— Stored data —
--------------------------------------------------
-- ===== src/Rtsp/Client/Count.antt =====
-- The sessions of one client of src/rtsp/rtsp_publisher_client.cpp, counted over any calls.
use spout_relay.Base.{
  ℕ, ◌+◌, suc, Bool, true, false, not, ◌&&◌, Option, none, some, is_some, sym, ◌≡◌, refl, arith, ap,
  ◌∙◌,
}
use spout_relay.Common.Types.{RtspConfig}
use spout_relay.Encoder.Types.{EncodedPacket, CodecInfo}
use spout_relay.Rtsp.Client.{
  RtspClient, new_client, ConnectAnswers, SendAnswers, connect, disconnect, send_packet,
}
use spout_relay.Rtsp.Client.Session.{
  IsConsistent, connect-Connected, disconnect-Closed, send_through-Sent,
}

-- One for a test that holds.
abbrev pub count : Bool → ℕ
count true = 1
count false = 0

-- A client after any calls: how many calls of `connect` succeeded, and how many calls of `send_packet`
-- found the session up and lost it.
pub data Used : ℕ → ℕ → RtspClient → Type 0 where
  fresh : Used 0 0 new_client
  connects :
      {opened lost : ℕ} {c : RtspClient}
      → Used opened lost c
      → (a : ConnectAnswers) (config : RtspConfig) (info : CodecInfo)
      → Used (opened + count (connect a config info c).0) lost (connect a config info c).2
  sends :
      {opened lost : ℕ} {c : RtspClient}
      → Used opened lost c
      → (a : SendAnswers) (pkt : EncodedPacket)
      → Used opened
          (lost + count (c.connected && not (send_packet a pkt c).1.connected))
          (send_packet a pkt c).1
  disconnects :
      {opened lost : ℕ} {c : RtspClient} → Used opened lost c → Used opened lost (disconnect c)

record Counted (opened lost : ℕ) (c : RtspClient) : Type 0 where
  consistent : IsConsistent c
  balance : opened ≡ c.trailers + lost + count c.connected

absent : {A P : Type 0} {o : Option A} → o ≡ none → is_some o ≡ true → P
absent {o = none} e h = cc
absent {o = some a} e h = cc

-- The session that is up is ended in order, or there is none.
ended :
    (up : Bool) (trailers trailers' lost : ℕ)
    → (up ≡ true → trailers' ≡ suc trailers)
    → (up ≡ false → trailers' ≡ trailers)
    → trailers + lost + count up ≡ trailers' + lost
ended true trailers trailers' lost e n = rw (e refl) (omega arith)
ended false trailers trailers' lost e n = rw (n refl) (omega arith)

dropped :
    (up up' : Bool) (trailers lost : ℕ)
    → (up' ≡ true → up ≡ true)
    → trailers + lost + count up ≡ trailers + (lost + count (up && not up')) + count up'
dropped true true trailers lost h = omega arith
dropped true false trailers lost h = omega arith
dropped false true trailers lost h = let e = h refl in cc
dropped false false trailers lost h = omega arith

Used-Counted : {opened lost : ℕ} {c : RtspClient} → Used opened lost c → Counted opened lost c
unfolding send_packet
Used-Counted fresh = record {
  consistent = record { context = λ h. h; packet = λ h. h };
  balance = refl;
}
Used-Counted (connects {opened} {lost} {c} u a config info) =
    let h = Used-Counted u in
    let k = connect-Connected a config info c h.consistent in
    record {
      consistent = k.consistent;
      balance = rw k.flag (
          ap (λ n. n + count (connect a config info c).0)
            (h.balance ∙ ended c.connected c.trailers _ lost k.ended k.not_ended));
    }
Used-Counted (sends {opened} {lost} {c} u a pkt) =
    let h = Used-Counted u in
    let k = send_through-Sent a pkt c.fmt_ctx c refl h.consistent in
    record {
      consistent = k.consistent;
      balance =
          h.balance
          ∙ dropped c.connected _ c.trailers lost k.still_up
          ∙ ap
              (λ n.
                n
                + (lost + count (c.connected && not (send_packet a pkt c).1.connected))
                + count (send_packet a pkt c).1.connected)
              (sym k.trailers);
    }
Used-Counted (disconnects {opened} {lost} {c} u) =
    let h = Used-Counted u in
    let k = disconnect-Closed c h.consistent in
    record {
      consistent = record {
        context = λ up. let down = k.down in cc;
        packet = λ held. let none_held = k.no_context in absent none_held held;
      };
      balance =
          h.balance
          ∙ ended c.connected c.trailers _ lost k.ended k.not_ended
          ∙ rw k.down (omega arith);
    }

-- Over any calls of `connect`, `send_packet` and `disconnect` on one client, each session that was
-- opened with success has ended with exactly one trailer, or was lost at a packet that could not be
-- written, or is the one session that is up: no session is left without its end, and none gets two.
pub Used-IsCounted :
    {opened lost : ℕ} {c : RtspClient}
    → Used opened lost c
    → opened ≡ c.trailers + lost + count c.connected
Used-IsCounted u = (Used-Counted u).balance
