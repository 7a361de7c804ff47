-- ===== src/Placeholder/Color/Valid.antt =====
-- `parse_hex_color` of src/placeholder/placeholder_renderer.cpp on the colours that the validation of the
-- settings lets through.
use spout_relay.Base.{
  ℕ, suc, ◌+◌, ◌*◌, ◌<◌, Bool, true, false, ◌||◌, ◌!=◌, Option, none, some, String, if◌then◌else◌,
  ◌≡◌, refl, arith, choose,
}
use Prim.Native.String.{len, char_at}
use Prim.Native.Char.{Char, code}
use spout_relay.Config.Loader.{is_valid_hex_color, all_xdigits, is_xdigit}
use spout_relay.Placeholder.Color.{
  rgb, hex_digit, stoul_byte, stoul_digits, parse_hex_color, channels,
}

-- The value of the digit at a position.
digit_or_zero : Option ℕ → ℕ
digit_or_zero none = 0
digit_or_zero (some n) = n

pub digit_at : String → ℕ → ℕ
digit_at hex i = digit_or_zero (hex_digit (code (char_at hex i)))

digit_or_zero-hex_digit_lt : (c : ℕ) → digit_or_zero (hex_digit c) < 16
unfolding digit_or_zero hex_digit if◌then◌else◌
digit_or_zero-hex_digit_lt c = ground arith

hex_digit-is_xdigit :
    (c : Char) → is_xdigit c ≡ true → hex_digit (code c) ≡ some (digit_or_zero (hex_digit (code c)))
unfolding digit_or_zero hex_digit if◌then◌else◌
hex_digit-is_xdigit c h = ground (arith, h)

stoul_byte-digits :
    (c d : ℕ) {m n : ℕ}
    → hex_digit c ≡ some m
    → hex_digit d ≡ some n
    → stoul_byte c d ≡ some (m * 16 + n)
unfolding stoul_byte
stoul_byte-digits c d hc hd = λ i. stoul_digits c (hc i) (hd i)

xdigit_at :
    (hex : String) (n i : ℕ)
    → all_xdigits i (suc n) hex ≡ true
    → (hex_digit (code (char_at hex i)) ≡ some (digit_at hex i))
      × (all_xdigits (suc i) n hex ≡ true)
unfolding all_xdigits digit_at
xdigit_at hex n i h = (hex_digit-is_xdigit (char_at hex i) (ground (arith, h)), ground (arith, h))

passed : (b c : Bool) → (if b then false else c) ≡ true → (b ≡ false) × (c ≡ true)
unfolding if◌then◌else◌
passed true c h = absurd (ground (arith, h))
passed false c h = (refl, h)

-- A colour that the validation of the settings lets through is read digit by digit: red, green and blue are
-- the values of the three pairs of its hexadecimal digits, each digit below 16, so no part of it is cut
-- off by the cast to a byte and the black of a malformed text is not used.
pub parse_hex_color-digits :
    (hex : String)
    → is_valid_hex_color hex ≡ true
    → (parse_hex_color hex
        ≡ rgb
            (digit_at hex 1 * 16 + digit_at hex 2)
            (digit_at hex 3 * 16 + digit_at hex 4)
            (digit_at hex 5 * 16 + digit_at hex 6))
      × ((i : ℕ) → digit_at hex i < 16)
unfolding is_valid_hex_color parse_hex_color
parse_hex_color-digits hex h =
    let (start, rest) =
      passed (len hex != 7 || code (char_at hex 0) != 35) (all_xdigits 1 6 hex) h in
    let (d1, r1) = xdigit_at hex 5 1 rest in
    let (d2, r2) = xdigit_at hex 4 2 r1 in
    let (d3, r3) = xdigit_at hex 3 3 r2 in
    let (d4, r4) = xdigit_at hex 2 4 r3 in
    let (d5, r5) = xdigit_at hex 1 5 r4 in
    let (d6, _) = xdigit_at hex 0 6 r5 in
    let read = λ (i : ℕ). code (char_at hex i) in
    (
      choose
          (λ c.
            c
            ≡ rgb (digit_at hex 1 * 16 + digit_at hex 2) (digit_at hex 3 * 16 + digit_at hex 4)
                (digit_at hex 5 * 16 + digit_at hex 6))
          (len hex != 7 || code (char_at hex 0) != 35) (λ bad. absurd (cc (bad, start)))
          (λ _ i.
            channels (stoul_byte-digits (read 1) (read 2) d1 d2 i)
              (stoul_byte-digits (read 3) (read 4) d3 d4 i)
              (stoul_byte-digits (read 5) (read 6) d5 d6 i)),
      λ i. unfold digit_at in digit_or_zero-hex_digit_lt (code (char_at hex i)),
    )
--------------------------------------------------
— Task —
Return only the part of the records above that opens with the line containing "record Counted (opened" and closes with the line containing "Used-Counted fresh = record", ends included.

— Expected answer —
record Counted (opened lost : ℕ) (c : RtspClient) : Type 0 where
  consistent : IsConsistent c
  balance : opened ≡ c.trailers + lost + count c.connected

absent : {A P : Type 0} {o : Option A} → o ≡ none → is_some o ≡ true → P
absent {o = none} e h = cc
absent {o = some a} e h = cc

-- The session that is up is ended in order, or there is none.
ended :
    (up : Bool) (trailers trailers' lost : ℕ)
    → (up ≡ true → trailers' ≡ suc trailers)
    → (up ≡ false → trailers' ≡ trailers)
    → trailers + lost + count up ≡ trailers' + lost
ended true trailers trailers' lost e n = rw (e refl) (omega arith)
ended false trailers trailers' lost e n = rw (n refl) (omega arith)

dropped :
    (up up' : Bool) (trailers lost : ℕ)
    → (up' ≡ true → up ≡ true)
    → trailers + lost + count up ≡ trailers + (lost + count (up && not up')) + count up'
dropped true true trailers lost h = omega arith
dropped true false trailers lost h = omega arith
dropped false true trailers lost h = let e = h refl in cc
dropped false false trailers lost h = omega arith

Used-Counted : {opened lost : ℕ} {c : RtspClient} → Used opened lost c → Counted opened lost c
unfolding send_packet
Used-Counted fresh = record {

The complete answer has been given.